┌────────

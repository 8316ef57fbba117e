-- ===== src/Stm.antt =====
-- shared/stm.c: the engine of the state machines. A key is what the callbacks read and change; a
-- pointer into `states` is an index; `none` is `abort()` or an access outside of `states`.
pub mod Discipline
pub mod Tests
use protos_tpe.Prelude.{
  ℕ, zero, suc, ◌+◌, Bool, true, false, Option, none, some, List, [], ◌∷◌, ltb, ◌==◌, not,
  if◌then◌else◌, ◌>>=◌, get_elem?,
}

-- `struct state_definition`
pub record StateDefinition (K : Type 0) : Type 0 where
  pub state : ℕ
  pub on_arrival : Option (ℕ → K → K)
  pub on_departure : Option (ℕ → K → K)
  pub on_read_ready : Option (K → ℕ × K)
  pub on_write_ready : Option (K → ℕ × K)
  pub on_block_ready : Option (K → ℕ × K)

-- `struct state_machine`
pub record StateMachine (K : Type 0) : Type 0 where
  pub initial : ℕ
  pub states : List (StateDefinition K)
  pub max_state : ℕ
  pub current : Option ℕ

-- The three events of a descriptor.
pub data Event : Type 0 where
  read_ready write_ready block_ready : Event

-- `stm->current == stm->states + next`
abbrev is_current : Option ℕ → ℕ → Bool
is_current none next = false
is_current (some c) next = c == next

module _ {K : Type 0} where
  -- The loop of `stm_init`, with the rounds that are left.
  unfoldable pub check_states : List (StateDefinition K) → ℕ → ℕ → Bool
  check_states states zero i = true
  check_states states (suc k) i =
      let rest = check_states states k (i + 1) in
      elim (get_elem? states i) [ none ↦ false | some d ↦ if i == d.state then rest else false ]

  -- `stm_init`
  unfoldable pub init : StateMachine K → Option (StateMachine K)
  unfolding check_states
  init stm =
      if not (check_states stm.states (stm.max_state + 1) 0)
      then none
      else if ltb stm.initial stm.max_state
      then some (record stm { current = none })
      else none

  -- A callback that may be NULL.
  unfoldable pub call_hook : Option (ℕ → K → K) → ℕ → K → K
  call_hook none state key = key
  call_hook (some f) state key = f state key

  unfoldable pub handle_first : StateMachine K → K → Option (StateMachine K × K)
  unfolding call_hook
  handle_first stm key = elim stm.current [
    | some c ↦ some (stm, key)
    | none ↦ (do
      d ← get_elem? stm.states stm.initial
      some (record stm { current = some stm.initial }, call_hook d.on_arrival d.state key))
  ]

  -- `on_departure` of the current state, if there is one.
  unfoldable pub depart : StateMachine K → K → Option K
  unfolding call_hook
  depart stm key = elim stm.current [
    | none ↦ some key
    | some c ↦ (do d ← get_elem? stm.states c; some (call_hook d.on_departure d.state key))
  ]

  unfoldable pub jump : StateMachine K → ℕ → K → Option (StateMachine K × K)
  unfolding call_hook depart
  jump stm next key =
      if ltb stm.max_state next
      then none
      else if is_current stm.current next
      then some (stm, key)
      else (do
        left ← depart stm key
        d ← get_elem? stm.states next
        some (record stm { current = some next }, call_hook d.on_arrival d.state left))

  -- The callback for an event.
  abbrev pub ready_of : Event → StateDefinition K → Option (K → ℕ × K)
  ready_of read_ready d = d.on_read_ready
  ready_of write_ready d = d.on_write_ready
  ready_of block_ready d = d.on_block_ready

  -- `stm_handler_read`, `stm_handler_write` and `stm_handler_block`
  unfoldable pub handler : Event → StateMachine K → K → Option (ℕ × StateMachine K × K)
  handler e stm key = do
    (stm', key') ← handle_first stm key
    c ← stm'.current
    d ← get_elem? stm'.states c
    f ← ready_of e d
    (stm'', last) ← jump stm' (f key').0 (f key').1
    some ((f key').0, stm'', last)

  -- `stm_handler_close`
  unfoldable pub handler_close : StateMachine K → K → Option K
  unfolding depart
  handler_close stm key = depart stm key

  -- `stm_state`
  unfoldable pub state_of : StateMachine K → Option ℕ
  state_of stm = elim stm.current [
    | none ↦ some stm.initial
    | some c ↦ (do d ← get_elem? stm.states c; some d.state)
  ]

└────────

- **Work request**: Where the word "none" appears in a line of the entries, copy that line.

- **Exercise solution**:
-- pointer into `states` is an index; `none` is `abort()` or an access outside of `states`.
  ℕ, zero, suc, ◌+◌, Bool, true, false, Option, none, some, List, [], ◌∷◌, ltb, ◌==◌, not,
is_current none next = false
      elim (get_elem? states i) [ none ↦ false | some d ↦ if i == d.state then rest else false ]
      then none
      then some (record stm { current = none })
      else none
  call_hook none state key = key
    | none ↦ (do
    | none ↦ some key
      then none
    | none ↦ some stm.initial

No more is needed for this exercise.